→ **ASSIGNMENT**: From the first line to the last, set down the data exactly as given.

Saved data entries:
———

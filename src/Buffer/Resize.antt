-- ===== src/Buffer/Resize.antt =====
-- `buffer_string_set_length`, `buffer_reset` and `buffer_move`.
use mathlib.Core.Path.{subst}
use lighttpd.Base.{
  ℕ, ◌+◌, ◌-◌, ◌≤◌, ◌<◌, ◌≡◌, refl, sym, ap, ◌∙◌, inl, inr, true, [], ◌∷◌, ◌++◌, append-nil,
  append_assoc, arith, ltb, leb, Bool-cases, length, take, length-append, take-length, take-append,
  split_at,
}
use lighttpd.Memory.{ok, Bytes, size_mod, Allocator, fresh, store}
use lighttpd.Buffer.{
  Buffer, init, buffer_max_reuse_size, reset, move, align_size, realloc, string_set_length,
}
use lighttpd.Buffer.Holds.{IsSized, Holds, Stores, Holds-IsSized, align_size_bounds}
use lighttpd.Memory.Blocks.{length-fresh, store_at}

module _ (h : Allocator) (ample : (n : ℕ) → h.grants n ≡ true) where
  realloc_sized :
      (b : Buffer) (n : ℕ)
      → IsSized b
      → 0 < n
      → n < size_mod
      → (more : Bytes) × (size : ℕ) × (realloc h b n
          ≡ ok (record b { ptr = b.ptr ++ more; size = size }))
        × (n ≤ size)
        × (size < size_mod)
        × (size ≡ length (b.ptr ++ more))
  unfolding realloc
  realloc_sized b n z p q =
      let top = align_size n in
      let more = fresh h b.size (top - b.size) in
      elim (Bool-cases (leb n b.size)) [
        | inl enough ↦ (
          [],
          b.size,
          rw (append-nil b.ptr) (ground arith),
          ground arith,
          z.in_range,
          rw (append-nil b.ptr) z.size_is,
        )
        | inr small ↦ (
          more,
          top,
          ground (arith, ample top),
          (align_size_bounds n q).0,
          (align_size_bounds n q).1,
          ground (
            arith,
            z.size_is,
            length-append b.ptr more,
            length-fresh h b.size (top - b.size),
            align_size_bounds n q,
          ),
        )
      ]

  -- Setting the length writes one zero and keeps the bytes before it; new ones are arbitrary.
  pub string_set_length_lem :
      (b : Buffer) (n : ℕ)
      → IsSized b
      → n + 1 < size_mod
      → (us : Bytes) × (more : Bytes) × (us ≡ take n (b.ptr ++ more))
        × (length us ≡ n)
        × (b' : Buffer) × (string_set_length h b n ≡ ok b')
        × Holds b' us
  unfolding string_set_length
  string_set_length_lem b n z q =
      let (more, size, e, big, range, len) = realloc_sized b (n + 1) z (omega arith) q in
      let (us, x, vs, split, l) = split_at n (b.ptr ++ more) (omega arith) in
      let stored : store (b.ptr ++ more) n 0 ≡ ok (us ++ (0 ∷ vs)) =
        subst (λ (k : ℕ). store (b.ptr ++ more) k 0 ≡ ok (us ++ (0 ∷ vs))) l
          (rw split (store_at us vs x 0)) in
      (
        us,
        more,
        subst (λ (k : ℕ). us ≡ take k (b.ptr ++ more)) l (rw split (sym (take-length us (x ∷ vs)))),
        l,
        record { ptr = us ++ (0 ∷ vs); used = n + 1; size = size },
        ground (arith, e, stored),
        record {
          rest = vs;
          layout = refl;
          used_is = omega (arith, l);
          size_is = omega (arith, len, ap length split, length-append us (x ∷ vs));
          in_range = range;
        },
      )

  -- With memory granted, setting the length of a buffer that holds a string to at most the length
  -- of that string returns and keeps so many first bytes of it.
  pub string_set_length_truncates :
      {b : Buffer} (s : Bytes) (n : ℕ)
      → Holds b s
      → n ≤ length s
      → (b' : Buffer) × (string_set_length h b n ≡ ok b') × Holds b' (take n s)
  string_set_length_truncates {b} s n k le =
      let (us, more, e, l, b', run, done) =
        string_set_length_lem b n (Holds-IsSized k) (omega (arith, k.size_is, k.in_range)) in
      let kept : us ≡ take n s =
        e
        ∙ rw (k.layout, append_assoc s (0 ∷ k.rest) more)
            (take-append s ((0 ∷ k.rest) ++ more) n le) in
      (b', run, rw kept at done)

-- After a reset the buffer is in the special empty state, and large blocks are given back.
pub reset_lem :
    (b : Buffer)
    → IsSized b
    → (b' : Buffer) × (reset b ≡ ok b')
      × IsSized b'
      × (b'.used ≡ 0)
      × (b'.size ≤ buffer_max_reuse_size)
      × (b'.size ≤ b.size)
unfolding reset
reset_lem b z = elim (Bool-cases (ltb buffer_max_reuse_size b.size)) [
  | inl big ↦ (
    init,
    ground arith,
    record { size_is = refl; in_range = omega arith },
    refl,
    omega arith,
    omega arith,
  )
  | inr small ↦ elim (Bool-cases (ltb 0 b.size)) [
    | inl some_room ↦
        let (us, x, vs, split, l) = split_at 0 b.ptr (ground (arith, z.size_is)) in
        let us-nil : us ≡ [] = ground (arith, l) in
        let e : b.ptr ≡ x ∷ vs = rw us-nil at split in
        let stored : store b.ptr 0 0 ≡ ok (0 ∷ vs) = rw e (unfold store in refl) in
        (
          record b { ptr = 0 ∷ vs; used = 0 },
          ground (arith, stored),
          record { size_is = omega (arith, z.size_is, ap length e); in_range = z.in_range },
          refl,
          ground arith,
          omega arith,
        )
    | inr none_left ↦ (
      record b { used = 0 },
      ground arith,
      record { size_is = z.size_is; in_range = z.in_range },
      refl,
      ground arith,
      omega arith,
    )
  ]
]

-- Where the source stores a string and the size field of the target is that of its block,
-- `buffer_move` returns, the target then stores the string, and the source stores the empty string
-- and has a size of at most 4096.
pub move_lem :
    (b src : Buffer) (s : Bytes)
    → IsSized b
    → Stores src s
    → (b' : Buffer) × (src' : Buffer) × (move b src ≡ ok (b', src'))
      × Stores b' s
      × Stores src' []
      × (src'.size ≤ buffer_max_reuse_size)
unfolding move
move_lem b src s z k =
    let (old, e, z', u, small, le) = reset_lem b z in
    (src, old, rw e refl, k, inl (z', u, refl), small)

———

→ **SOLUTION TO THE PROBLEM**:
filename src/Buffer/Resize.antt
-- ===== src/Buffer/Resize.antt =====
-- `buffer_string_set_length`, `buffer_reset` and `buffer_move`.
use mathlib.Core.Path.{subst}
use lighttpd.Base.{
  ℕ, ◌+◌, ◌-◌, ◌≤◌, ◌<◌, ◌≡◌, refl, sym, ap, ◌∙◌, inl, inr, true, [], ◌∷◌, ◌++◌, append-nil,
  append_assoc, arith, ltb, leb, Bool-cases, length, take, length-append, take-length, take-append,
  split_at,
}
use lighttpd.Memory.{ok, Bytes, size_mod, Allocator, fresh, store}
use lighttpd.Buffer.{
  Buffer, init, buffer_max_reuse_size, reset, move, align_size, realloc, string_set_length,
}
use lighttpd.Buffer.Holds.{IsSized, Holds, Stores, Holds-IsSized, align_size_bounds}
use lighttpd.Memory.Blocks.{length-fresh, store_at}

module _ (h : Allocator) (ample : (n : ℕ) → h.grants n ≡ true) where
  realloc_sized :
      (b : Buffer) (n : ℕ)
      → IsSized b
      → 0 < n
      → n < size_mod
      → (more : Bytes) × (size : ℕ) × (realloc h b n
          ≡ ok (record b { ptr = b.ptr ++ more; size = size }))
        × (n ≤ size)
        × (size < size_mod)
        × (size ≡ length (b.ptr ++ more))
  unfolding realloc
  realloc_sized b n z p q =
      let top = align_size n in
      let more = fresh h b.size (top - b.size) in
      elim (Bool-cases (leb n b.size)) [
        | inl enough ↦ (
          [],
          b.size,
          rw (append-nil b.ptr) (ground arith),
          ground arith,
          z.in_range,
          rw (append-nil b.ptr) z.size_is,
        )
        | inr small ↦ (
          more,
          top,
          ground (arith, ample top),
          (align_size_bounds n q).0,
          (align_size_bounds n q).1,
          ground (
            arith,
            z.size_is,
            length-append b.ptr more,
            length-fresh h b.size (top - b.size),
            align_size_bounds n q,
          ),
        )
      ]

  -- Setting the length writes one zero and keeps the bytes before it; new ones are arbitrary.
  pub string_set_length_lem :
      (b : Buffer) (n : ℕ)
      → IsSized b
      → n + 1 < size_mod
      → (us : Bytes) × (more : Bytes) × (us ≡ take n (b.ptr ++ more))
        × (length us ≡ n)
        × (b' : Buffer) × (string_set_length h b n ≡ ok b')
        × Holds b' us
  unfolding string_set_length
  string_set_length_lem b n z q =
      let (more, size, e, big, range, len) = realloc_sized b (n + 1) z (omega arith) q in
      let (us, x, vs, split, l) = split_at n (b.ptr ++ more) (omega arith) in
      let stored : store (b.ptr ++ more) n 0 ≡ ok (us ++ (0 ∷ vs)) =
        subst (λ (k : ℕ). store (b.ptr ++ more) k 0 ≡ ok (us ++ (0 ∷ vs))) l
          (rw split (store_at us vs x 0)) in
      (
        us,
        more,
        subst (λ (k : ℕ). us ≡ take k (b.ptr ++ more)) l (rw split (sym (take-length us (x ∷ vs)))),
        l,
        record { ptr = us ++ (0 ∷ vs); used = n + 1; size = size },
        ground (arith, e, stored),
        record {
          rest = vs;
          layout = refl;
          used_is = omega (arith, l);
          size_is = omega (arith, len, ap length split, length-append us (x ∷ vs));
          in_range = range;
        },
      )

  -- With memory granted, setting the length of a buffer that holds a string to at most the length
  -- of that string returns and keeps so many first bytes of it.
  pub string_set_length_truncates :
      {b : Buffer} (s : Bytes) (n : ℕ)
      → Holds b s
      → n ≤ length s
      → (b' : Buffer) × (string_set_length h b n ≡ ok b') × Holds b' (take n s)
  string_set_length_truncates {b} s n k le =
      let (us, more, e, l, b', run, done) =
        string_set_length_lem b n (Holds-IsSized k) (omega (arith, k.size_is, k.in_range)) in
      let kept : us ≡ take n s =
        e
        ∙ rw (k.layout, append_assoc s (0 ∷ k.rest) more)
            (take-append s ((0 ∷ k.rest) ++ more) n le) in
      (b', run, rw kept at done)

-- After a reset the buffer is in the special empty state, and large blocks are given back.
pub reset_lem :
    (b : Buffer)
    → IsSized b
    → (b' : Buffer) × (reset b ≡ ok b')
      × IsSized b'
      × (b'.used ≡ 0)
      × (b'.size ≤ buffer_max_reuse_size)
      × (b'.size ≤ b.size)
unfolding reset
reset_lem b z = elim (Bool-cases (ltb buffer_max_reuse_size b.size)) [
  | inl big ↦ (
    init,
    ground arith,
    record { size_is = refl; in_range = omega arith },
    refl,
    omega arith,
    omega arith,
  )
  | inr small ↦ elim (Bool-cases (ltb 0 b.size)) [
    | inl some_room ↦
        let (us, x, vs, split, l) = split_at 0 b.ptr (ground (arith, z.size_is)) in
        let us-nil : us ≡ [] = ground (arith, l) in
        let e : b.ptr ≡ x ∷ vs = rw us-nil at split in
        let stored : store b.ptr 0 0 ≡ ok (0 ∷ vs) = rw e (unfold store in refl) in
        (
          record b { ptr = 0 ∷ vs; used = 0 },
          ground (arith, stored),
          record { size_is = omega (arith, z.size_is, ap length e); in_range = z.in_range },
          refl,
          ground arith,
          omega arith,
        )
    | inr none_left ↦ (
      record b { used = 0 },
      ground arith,
      record { size_is = z.size_is; in_range = z.in_range },
      refl,
      ground arith,
      omega arith,
    )
  ]
]

-- Where the source stores a string and the size field of the target is that of its block,
-- `buffer_move` returns, the target then stores the string, and the source stores the empty string
-- and has a size of at most 4096.
pub move_lem :
    (b src : Buffer) (s : Bytes)
    → IsSized b
    → Stores src s
    → (b' : Buffer) × (src' : Buffer) × (move b src ≡ ok (b', src'))
      × Stores b' s
      × Stores src' []
      × (src'.size ≤ buffer_max_reuse_size)
unfolding move
move_lem b src s z k =
    let (old, e, z', u, small, le) = reset_lem b z in
    (src, old, rw e refl, k, inl (z', u, refl), small)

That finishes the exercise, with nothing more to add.